[Collected data]
----------

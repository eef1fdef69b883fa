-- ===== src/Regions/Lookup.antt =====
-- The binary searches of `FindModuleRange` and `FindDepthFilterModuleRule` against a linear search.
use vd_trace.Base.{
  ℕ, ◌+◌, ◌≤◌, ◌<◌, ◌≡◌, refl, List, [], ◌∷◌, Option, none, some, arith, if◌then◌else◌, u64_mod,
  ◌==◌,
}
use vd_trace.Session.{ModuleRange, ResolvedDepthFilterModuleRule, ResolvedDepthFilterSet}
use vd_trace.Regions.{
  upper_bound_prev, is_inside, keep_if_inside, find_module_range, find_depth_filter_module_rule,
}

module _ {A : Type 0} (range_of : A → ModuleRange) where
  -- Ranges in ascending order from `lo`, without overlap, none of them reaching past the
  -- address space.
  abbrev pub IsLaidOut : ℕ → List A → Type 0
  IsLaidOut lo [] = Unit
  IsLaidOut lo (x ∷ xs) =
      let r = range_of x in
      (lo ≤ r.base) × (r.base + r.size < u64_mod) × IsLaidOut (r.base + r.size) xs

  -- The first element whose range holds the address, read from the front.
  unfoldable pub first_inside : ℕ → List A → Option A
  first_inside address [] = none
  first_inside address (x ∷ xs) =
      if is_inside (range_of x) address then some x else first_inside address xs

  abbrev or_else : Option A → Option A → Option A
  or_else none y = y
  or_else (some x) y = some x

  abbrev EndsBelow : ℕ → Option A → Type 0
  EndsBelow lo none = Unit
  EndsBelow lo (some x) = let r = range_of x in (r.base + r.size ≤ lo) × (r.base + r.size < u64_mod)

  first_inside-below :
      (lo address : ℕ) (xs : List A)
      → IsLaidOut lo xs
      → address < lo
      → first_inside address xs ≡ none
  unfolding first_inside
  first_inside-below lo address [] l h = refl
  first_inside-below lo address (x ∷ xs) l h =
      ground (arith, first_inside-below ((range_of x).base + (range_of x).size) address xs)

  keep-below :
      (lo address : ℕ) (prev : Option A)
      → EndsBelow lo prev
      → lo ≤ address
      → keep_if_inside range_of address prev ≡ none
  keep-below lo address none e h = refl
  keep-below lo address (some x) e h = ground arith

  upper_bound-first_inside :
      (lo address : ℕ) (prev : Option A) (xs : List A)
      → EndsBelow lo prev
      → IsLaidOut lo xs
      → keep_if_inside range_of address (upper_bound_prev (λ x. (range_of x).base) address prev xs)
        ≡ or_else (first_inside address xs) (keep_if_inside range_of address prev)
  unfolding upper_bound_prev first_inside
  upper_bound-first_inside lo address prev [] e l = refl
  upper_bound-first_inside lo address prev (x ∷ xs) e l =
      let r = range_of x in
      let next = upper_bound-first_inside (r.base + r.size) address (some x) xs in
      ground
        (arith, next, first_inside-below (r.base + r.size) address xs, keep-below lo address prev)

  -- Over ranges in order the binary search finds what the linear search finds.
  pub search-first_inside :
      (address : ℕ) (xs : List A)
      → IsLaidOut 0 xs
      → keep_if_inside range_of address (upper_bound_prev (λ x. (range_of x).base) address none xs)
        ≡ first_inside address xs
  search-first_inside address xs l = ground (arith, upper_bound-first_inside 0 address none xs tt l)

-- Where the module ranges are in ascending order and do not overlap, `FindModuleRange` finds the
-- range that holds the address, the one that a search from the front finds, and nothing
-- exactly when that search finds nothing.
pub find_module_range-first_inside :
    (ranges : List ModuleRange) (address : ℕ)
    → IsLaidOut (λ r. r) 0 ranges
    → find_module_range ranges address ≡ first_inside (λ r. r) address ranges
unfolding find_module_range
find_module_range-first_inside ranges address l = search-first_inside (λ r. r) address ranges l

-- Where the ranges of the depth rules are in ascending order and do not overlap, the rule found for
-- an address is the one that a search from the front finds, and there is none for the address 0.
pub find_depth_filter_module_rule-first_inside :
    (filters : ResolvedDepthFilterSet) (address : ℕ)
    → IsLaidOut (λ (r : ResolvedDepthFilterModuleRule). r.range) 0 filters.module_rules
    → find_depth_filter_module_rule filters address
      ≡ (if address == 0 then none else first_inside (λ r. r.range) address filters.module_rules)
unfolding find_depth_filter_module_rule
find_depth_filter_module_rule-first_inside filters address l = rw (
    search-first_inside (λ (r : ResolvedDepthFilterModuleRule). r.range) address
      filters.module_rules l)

----------

> **DIRECTIONS FOR THIS TASK**:
What lines above mention "that"? Copy each one.

> **ANSWER BELOW**:
-- range that holds the address, the one that a search from the front finds, and nothing
-- exactly when that search finds nothing.
-- an address is the one that a search from the front finds, and there is none for the address 0.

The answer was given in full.